━━━━━ INPUT MATERIAL ━━━━━
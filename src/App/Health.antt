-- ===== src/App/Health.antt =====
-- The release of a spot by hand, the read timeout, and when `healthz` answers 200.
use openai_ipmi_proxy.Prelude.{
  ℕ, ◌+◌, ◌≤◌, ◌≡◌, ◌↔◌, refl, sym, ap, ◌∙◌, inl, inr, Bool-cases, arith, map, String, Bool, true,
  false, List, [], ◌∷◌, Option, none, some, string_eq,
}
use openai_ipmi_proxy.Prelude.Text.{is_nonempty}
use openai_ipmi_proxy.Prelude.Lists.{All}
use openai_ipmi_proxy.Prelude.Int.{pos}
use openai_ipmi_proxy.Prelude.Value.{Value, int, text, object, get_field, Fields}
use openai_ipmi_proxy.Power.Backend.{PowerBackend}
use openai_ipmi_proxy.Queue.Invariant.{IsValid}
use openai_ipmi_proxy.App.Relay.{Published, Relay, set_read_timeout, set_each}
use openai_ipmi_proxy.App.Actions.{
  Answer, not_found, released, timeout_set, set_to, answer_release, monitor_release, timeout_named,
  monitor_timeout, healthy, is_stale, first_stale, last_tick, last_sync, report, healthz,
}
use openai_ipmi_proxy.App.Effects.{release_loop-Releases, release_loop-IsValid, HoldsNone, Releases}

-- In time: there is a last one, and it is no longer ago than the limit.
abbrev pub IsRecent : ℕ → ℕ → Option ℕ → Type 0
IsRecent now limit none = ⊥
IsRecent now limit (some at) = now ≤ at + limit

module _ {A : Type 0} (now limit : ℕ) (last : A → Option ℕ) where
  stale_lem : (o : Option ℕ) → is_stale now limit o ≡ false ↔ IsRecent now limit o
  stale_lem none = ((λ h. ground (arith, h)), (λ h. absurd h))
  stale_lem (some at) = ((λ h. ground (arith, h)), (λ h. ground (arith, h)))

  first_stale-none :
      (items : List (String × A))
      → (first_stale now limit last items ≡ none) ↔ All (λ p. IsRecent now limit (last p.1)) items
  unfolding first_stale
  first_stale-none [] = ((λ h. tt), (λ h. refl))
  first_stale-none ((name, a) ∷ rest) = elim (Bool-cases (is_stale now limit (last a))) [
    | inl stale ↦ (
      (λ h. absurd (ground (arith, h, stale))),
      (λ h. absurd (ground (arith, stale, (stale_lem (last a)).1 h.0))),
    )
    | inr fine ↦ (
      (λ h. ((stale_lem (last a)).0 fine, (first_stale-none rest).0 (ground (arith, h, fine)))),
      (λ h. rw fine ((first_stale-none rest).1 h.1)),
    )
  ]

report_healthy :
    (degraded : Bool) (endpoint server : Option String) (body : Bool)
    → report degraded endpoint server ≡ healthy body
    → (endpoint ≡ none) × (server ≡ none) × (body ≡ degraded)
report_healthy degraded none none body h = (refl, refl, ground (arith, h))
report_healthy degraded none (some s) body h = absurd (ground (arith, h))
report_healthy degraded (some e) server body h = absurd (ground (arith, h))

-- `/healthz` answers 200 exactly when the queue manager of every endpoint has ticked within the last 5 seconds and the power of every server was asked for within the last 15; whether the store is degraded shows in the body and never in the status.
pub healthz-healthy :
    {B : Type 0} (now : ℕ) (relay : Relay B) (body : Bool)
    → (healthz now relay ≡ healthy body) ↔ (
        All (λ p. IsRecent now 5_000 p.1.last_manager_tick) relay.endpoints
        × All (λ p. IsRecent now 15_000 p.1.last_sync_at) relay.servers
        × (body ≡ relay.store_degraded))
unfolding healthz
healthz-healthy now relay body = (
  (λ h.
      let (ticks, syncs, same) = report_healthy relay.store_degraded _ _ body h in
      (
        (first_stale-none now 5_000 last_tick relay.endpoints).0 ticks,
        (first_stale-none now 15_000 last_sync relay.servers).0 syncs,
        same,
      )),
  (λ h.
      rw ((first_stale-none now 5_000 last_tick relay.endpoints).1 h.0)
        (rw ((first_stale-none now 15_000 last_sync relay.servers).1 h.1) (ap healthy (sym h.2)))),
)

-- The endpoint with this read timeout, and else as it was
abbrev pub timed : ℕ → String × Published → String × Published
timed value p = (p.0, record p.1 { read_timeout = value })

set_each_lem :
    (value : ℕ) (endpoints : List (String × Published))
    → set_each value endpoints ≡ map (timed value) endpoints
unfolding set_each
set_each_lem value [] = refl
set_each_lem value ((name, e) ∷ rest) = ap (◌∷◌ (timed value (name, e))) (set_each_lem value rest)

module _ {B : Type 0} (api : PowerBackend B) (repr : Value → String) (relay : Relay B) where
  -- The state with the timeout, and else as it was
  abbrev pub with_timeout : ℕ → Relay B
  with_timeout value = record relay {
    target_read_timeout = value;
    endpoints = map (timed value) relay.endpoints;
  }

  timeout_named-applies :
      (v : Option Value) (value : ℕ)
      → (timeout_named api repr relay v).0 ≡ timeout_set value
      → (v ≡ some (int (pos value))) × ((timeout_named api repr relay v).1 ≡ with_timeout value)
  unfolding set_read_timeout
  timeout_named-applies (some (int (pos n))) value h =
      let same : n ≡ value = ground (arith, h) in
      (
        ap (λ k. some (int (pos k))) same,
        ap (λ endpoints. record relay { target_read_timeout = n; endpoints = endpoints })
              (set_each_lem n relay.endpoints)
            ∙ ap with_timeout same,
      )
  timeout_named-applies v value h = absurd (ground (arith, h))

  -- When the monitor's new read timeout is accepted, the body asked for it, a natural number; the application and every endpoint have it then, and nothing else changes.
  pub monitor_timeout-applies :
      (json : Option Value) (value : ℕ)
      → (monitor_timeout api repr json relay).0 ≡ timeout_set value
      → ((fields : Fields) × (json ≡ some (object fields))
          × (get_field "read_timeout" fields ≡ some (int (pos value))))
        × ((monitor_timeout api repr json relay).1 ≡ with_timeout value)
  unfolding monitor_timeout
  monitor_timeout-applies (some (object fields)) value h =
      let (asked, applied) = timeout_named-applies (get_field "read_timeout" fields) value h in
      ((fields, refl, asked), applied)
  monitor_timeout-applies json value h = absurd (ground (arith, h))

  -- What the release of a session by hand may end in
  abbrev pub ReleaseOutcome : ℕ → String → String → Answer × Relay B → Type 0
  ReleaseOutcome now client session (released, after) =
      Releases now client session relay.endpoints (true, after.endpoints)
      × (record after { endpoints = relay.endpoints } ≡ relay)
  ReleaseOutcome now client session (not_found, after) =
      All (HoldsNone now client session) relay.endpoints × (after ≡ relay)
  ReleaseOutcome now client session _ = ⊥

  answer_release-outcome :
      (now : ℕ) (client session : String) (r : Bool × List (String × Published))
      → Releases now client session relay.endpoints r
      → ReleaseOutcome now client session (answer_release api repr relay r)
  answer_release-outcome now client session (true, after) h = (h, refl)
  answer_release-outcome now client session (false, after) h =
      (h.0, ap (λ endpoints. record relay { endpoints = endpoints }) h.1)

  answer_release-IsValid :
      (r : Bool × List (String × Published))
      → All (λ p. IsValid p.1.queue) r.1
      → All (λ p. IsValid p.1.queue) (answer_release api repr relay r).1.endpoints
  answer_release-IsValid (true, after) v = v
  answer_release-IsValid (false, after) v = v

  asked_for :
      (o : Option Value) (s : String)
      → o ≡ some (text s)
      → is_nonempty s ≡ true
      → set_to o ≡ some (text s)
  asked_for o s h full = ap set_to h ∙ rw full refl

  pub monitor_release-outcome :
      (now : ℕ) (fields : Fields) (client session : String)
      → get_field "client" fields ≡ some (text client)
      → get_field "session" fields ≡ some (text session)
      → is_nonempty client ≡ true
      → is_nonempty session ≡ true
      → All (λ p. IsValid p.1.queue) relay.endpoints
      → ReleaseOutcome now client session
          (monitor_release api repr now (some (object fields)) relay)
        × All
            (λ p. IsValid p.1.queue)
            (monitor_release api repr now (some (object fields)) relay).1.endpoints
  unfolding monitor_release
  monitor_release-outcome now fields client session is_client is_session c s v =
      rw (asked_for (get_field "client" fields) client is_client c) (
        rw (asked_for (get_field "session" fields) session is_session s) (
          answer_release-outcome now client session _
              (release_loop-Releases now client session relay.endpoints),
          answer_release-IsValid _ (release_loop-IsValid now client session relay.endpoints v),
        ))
━━━━━
WHAT IS BEING ASKED
Of the lines above, extract only those from the line with "monitor_timeout-applies (some (object" to the line with "(now : ℕ) (client", both included, exactly as written.

RESPONSE BOX
  monitor_timeout-applies (some (object fields)) value h =
      let (asked, applied) = timeout_named-applies (get_field "read_timeout" fields) value h in
      ((fields, refl, asked), applied)
  monitor_timeout-applies json value h = absurd (ground (arith, h))

  -- What the release of a session by hand may end in
  abbrev pub ReleaseOutcome : ℕ → String → String → Answer × Relay B → Type 0
  ReleaseOutcome now client session (released, after) =
      Releases now client session relay.endpoints (true, after.endpoints)
      × (record after { endpoints = relay.endpoints } ≡ relay)
  ReleaseOutcome now client session (not_found, after) =
      All (HoldsNone now client session) relay.endpoints × (after ≡ relay)
  ReleaseOutcome now client session _ = ⊥

  answer_release-outcome :
      (now : ℕ) (client session : String) (r : Bool × List (String × Published))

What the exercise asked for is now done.